__Your assignment__:
Nothing but the lines from the one containing "Told-later x xs (waiting c) h t = (h, t)" through the one containing "-- behind exchanges", both included, should be given again, each exactly as written below.

Stored data entries:
□ □ □ □

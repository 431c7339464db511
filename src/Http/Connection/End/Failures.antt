-- ===== src/Http/Connection/End/Failures.antt =====
-- The error with which a connection ends, and the stage that its last message names.
use acppsrv.Prelude.{
  ◌≡◌, refl, sym, ap, subst, String, Bool, true, false, none, List, [], ◌∷◌, ◌++◌, All, arith,
}
use acppsrv.Http.Server.{Server}
use acppsrv.Http.Routes.{Env, App}
use acppsrv.Http.Connection.{
  Exchange, Conn, Outcome, going, abort, round, rounds, send_error, Progress, waiting, ended,
  opened, handle_connection,
}
use acppsrv.Http.Connection.End.{active_connection_end, at_end}
use acppsrv.Http.Connection.End.Reports.{
  Failure, level_of, failure_of, Named, Reports, round-Reports,
}

module _ (env : Env) (srv : Server) (header_server : String) where
  abbrev C : Type 0
  C = Conn env srv header_server

  -- The connection waits after exchanges without failures, or it has ended in the exchange `x` behind
  -- such exchanges, and its message tells the failure of `x`, if there is one.
  abbrev pub Told : List Exchange → Progress env srv header_server → Type 0
  Told xs (waiting c) = All (λ x. failure_of env x ≡ none) xs
  Told xs (ended c) =
      (before : List Exchange) × (x : Exchange) × (after : List Exchange) × (xs
        ≡ before ++ x ∷ after)
      × All (λ y. failure_of env y ≡ none) before
      × ((at_end c).failure ≡ failure_of env x)
      × ((at_end c).level ≡ level_of (failure_of env x))

  Told-here :
      (x : Exchange) (xs : List Exchange) (c : C)
      → ((at_end c).failure ≡ failure_of env x) × ((at_end c).level ≡ level_of (failure_of env x))
      → Told (x ∷ xs) (ended c)
  Told-here x xs c (f, l) = ([], x, xs, refl, tt, f, l)

  Told-later :
      (x : Exchange) (xs : List Exchange) (p : Progress env srv header_server)
      → failure_of env x ≡ none
      → Told xs p
      → Told (x ∷ xs) p
  Told-later x xs (waiting c) h t = (h, t)
  Told-later x xs (ended c) h (before, y, after, e, all, f, l) =
      (x ∷ before, y, after, ap (λ ys. x ∷ ys) e, (h, all), f, l)

  send_error-at_end : (c : C) → at_end (send_error env srv header_server c) ≡ at_end c
  unfolding send_error at_end active_connection_end
  send_error-at_end c = ground arith

  at_end-Named :
      (f : Failure) (c : C)
      → Named env srv header_server f c
      → ((at_end c).failure ≡ f) × ((at_end c).level ≡ level_of f)
  unfolding at_end active_connection_end
  at_end-Named f c (e, ec, named) = rw named (ground arith, ground arith)

  at_end-none :
      (f : Failure) (c : C)
      → f ≡ none
      → c.ec ≡ none
      → ((at_end c).failure ≡ f) × ((at_end c).level ≡ level_of f)
  unfolding at_end active_connection_end
  at_end-none f c h ec = rw h (ground arith, ground arith)

  rounds-Told : (xs : List Exchange) (c : C) → Told xs (rounds env srv header_server xs c)
  unfolding rounds
  rounds-Told [] c = tt
  rounds-Told (x ∷ xs) c =
      go (round env srv header_server x c) refl (round-Reports env srv header_server x c)
        (rounds-Told xs)
    where
      go :
          (o : Outcome env srv header_server Bool)
          → round env srv header_server x c ≡ o
          → Reports env srv header_server (failure_of env x) o
          → ((c' : C) → Told xs (rounds env srv header_server xs c'))
          → Told (x ∷ xs) (rounds env srv header_server (x ∷ xs) c)
      go (going true c') e p rest = rw (e, rounds) (Told-later x xs _ p (rest c'))
      go (going false c') e p rest =
          rw (e, rounds)
            (Told-here x xs _
              (at_end-none (failure_of env x) (record c' { ec = none; stage = "" }) p refl))
      go (abort c') e p rest =
          rw (e, rounds)
            (Told-here x xs _ (
              subst (λ m. (m.failure ≡ failure_of env x) × (m.level ≡ level_of (failure_of env x)))
                (sym (send_error-at_end c')) (at_end-Named (failure_of env x) c' p)))

  -- Whatever the client and the network do: a connection that has ended has done so in some exchange
  -- behind exchanges in which no operation failed, and the message about its end is an error exactly if
  -- an operation of that exchange failed, and then names the stage and the error of the first that did;
  -- while it waits, none has failed.
  pub handle_connection-Told :
      (xs : List Exchange) (app : App env)
      → Told xs (handle_connection env srv header_server xs app)
  unfolding handle_connection
  handle_connection-Told xs app = rounds-Told xs (opened env srv header_server app)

□ □ □ □

__Response for this exercise__:
  Told-later x xs (waiting c) h t = (h, t)
  Told-later x xs (ended c) h (before, y, after, e, all, f, l) =
      (x ∷ before, y, after, ap (λ ys. x ∷ ys) e, (h, all), f, l)

  send_error-at_end : (c : C) → at_end (send_error env srv header_server c) ≡ at_end c
  unfolding send_error at_end active_connection_end
  send_error-at_end c = ground arith

  at_end-Named :
      (f : Failure) (c : C)
      → Named env srv header_server f c
      → ((at_end c).failure ≡ f) × ((at_end c).level ≡ level_of f)
  unfolding at_end active_connection_end
  at_end-Named f c (e, ec, named) = rw named (ground arith, ground arith)

  at_end-none :
      (f : Failure) (c : C)
      → f ≡ none
      → c.ec ≡ none
      → ((at_end c).failure ≡ f) × ((at_end c).level ≡ level_of f)
  unfolding at_end active_connection_end
  at_end-none f c h ec = rw h (ground arith, ground arith)

  rounds-Told : (xs : List Exchange) (c : C) → Told xs (rounds env srv header_server xs c)
  unfolding rounds
  rounds-Told [] c = tt
  rounds-Told (x ∷ xs) c =
      go (round env srv header_server x c) refl (round-Reports env srv header_server x c)
        (rounds-Told xs)
    where
      go :
          (o : Outcome env srv header_server Bool)
          → round env srv header_server x c ≡ o
          → Reports env srv header_server (failure_of env x) o
          → ((c' : C) → Told xs (rounds env srv header_server xs c'))
          → Told (x ∷ xs) (rounds env srv header_server (x ∷ xs) c)
      go (going true c') e p rest = rw (e, rounds) (Told-later x xs _ p (rest c'))
      go (going false c') e p rest =
          rw (e, rounds)
            (Told-here x xs _
              (at_end-none (failure_of env x) (record c' { ec = none; stage = "" }) p refl))
      go (abort c') e p rest =
          rw (e, rounds)
            (Told-here x xs _ (
              subst (λ m. (m.failure ≡ failure_of env x) × (m.level ≡ level_of (failure_of env x)))
                (sym (send_error-at_end c')) (at_end-Named (failure_of env x) c' p)))

  -- Whatever the client and the network do: a connection that has ended has done so in some exchange
  -- behind exchanges in which no operation failed, and the message about its end is an error exactly if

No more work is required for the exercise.